Though I agree, they should not take "the law into their own hands" moreso than regular civilians.  Bonds with brethren or not, it cant be tolerated.


----------



## BoneCrusher (May 19, 2007)

Brachiisaurus said:


> I see your point completely, and I knew you would come up with something like that. And though the other members may hold their tongue's, I know they are all thinking the same thing I was. And he even went as far as to insult KJ based on the wages he makes.
> 
> It doesn't matter how old you are, that's bullshit. My dad taught me not to make fun of other people for the way they live and the choices they make a long time ago.
> 
> ...


Cool.  You're 19 he's 15 ... you're a little older and a little more mature.  That gives you a little play on the verbiage scale.  It wouldn't hurt you to give the kid some better perspective than he is obviously getting though.  I know some people have already had some rough experiences at 15, but I think he was just reacting out of some kinda cultural conditioning instead of bad experiences.  Better influence from someone like you could fix that ... make sense?


----------



## Brachiisaurus (May 19, 2007)

BoneCrusher said:


> Cool.  You're 19 he's 15 ... you're a little older and a little more mature.  That gives you a little play on the verbiage scale.  It wouldn't hurt you to give the kid some better perspective than he is obviously getting though.  I know some people have already had some rough experiences at 15, but I think he was just reacting out of some kinda cultural conditioning instead of bad experiences.  Better influence from someone like you could fix that ... make sense?

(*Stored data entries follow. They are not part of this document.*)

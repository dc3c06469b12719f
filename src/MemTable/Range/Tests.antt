-- ===== src/MemTable/Range/Tests.antt =====
-- A scan over both maps, with old versions, a removed key and an exclusive bound.
use kip_db.Base.{ℕ, ◌≡◌, refl, none, some, List, [], ◌∷◌, if◌then◌else◌, arith}
use kip_db.Base.Int.{pos}
use kip_db.Base.Order.{Bytes, bytes_ord, included, excluded, unbounded}
use kip_db.Base.SortedMap.{IsSorted, get}
use kip_db.Data.{KeyValue}
use kip_db.Error.{ok}
use kip_db.MemTable.{TableInner}
use kip_db.MemTable.Find.{seen_at}
use kip_db.MemTable.Key.{InternalKey, key_ord}
use kip_db.MemTable.Range.{
  range_scan, merge_maps, merge_loop, push_each, push_some, duplicates_push, range_iter,
  to_internal_key, no_repeat,
}
use kip_db.MemTable.Range.Scan.{range_scan-seen_at}
use kip_db.MemTable.Range.Visible.{limit, in_bounds}
use kip_db.MemTable.Tests.{maps, records, k1, k2}
use kip_db.Trigger.{Trigger}

abbrev pub k3 : Bytes
k3 = b'c' ∷ []

abbrev at : Bytes → ℕ → InternalKey
at key n = record { key = key; seq_id = pos n }

abbrev pub both_maps : TableInner maps records
both_maps = record {
  mem =
      maps.from_iter ((at k1 5, some (50 ∷ [])) ∷ (at k2 6, none) ∷ (at k1 9, some (90 ∷ [])) ∷ []);
  immut = some (
      maps.from_iter
        ((at k1 1, some (10 ∷ [])) ∷ (at k2 2, some (20 ∷ [])) ∷ (at k3 3, some (30 ∷ [])) ∷ []));
  log_writer = [];
  log_gen = pos 7;
  trigger = Trigger.count (record { item_count = 3; threshold = 9 });
}

range_scan-seen_at_example :
    (es : List KeyValue) × (range_scan no_repeat both_maps (included k1) unbounded (some (pos 7))
      ≡ some (ok es))
    × IsSorted es
    × ((key : Bytes)
        → get key es ≡ (
            if in_bounds (included k1) unbounded key
            then seen_at both_maps key (limit (some (pos 7)))
            else none))
range_scan-seen_at_example =
    range_scan-seen_at both_maps (included k1) unbounded (some (pos 7)) no_repeat (λ es. refl)
      (
        (omega arith, (omega arith, (omega arith, tt))),
        (omega arith, (omega arith, (omega arith, tt))),
      )

scanned :
    range_scan no_repeat both_maps (excluded k1) unbounded (some (pos 7))
    ≡ some (ok ((k2, none) ∷ (k3, some (30 ∷ [])) ∷ []))
unfolding range_scan merge_maps merge_loop push_each push_some duplicates_push range_iter
    to_internal_key
scanned = refl

all_scanned :
    range_scan no_repeat both_maps unbounded (excluded k3) none
    ≡ some (ok ((k1, some (90 ∷ [])) ∷ (k2, none) ∷ []))
unfolding range_scan merge_maps merge_loop push_each push_some duplicates_push range_iter
    to_internal_key
all_scanned = refl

I never acted like that or made absurd claims like he does when I was 15. I had manners and I wasn't out for attention.
I'll cut the kid some slack. But I don't know why you feel the need to be a father-figure here.


----------



## BoneCrusher (May 19, 2007)

Brachiisaurus said:


> I never acted like that or made absurd claims like he does when I was 15. I had manners and I wasn't out for attention.
> I'll cut the kid some slack. But I don't know why you feel the need to be a father-figure here.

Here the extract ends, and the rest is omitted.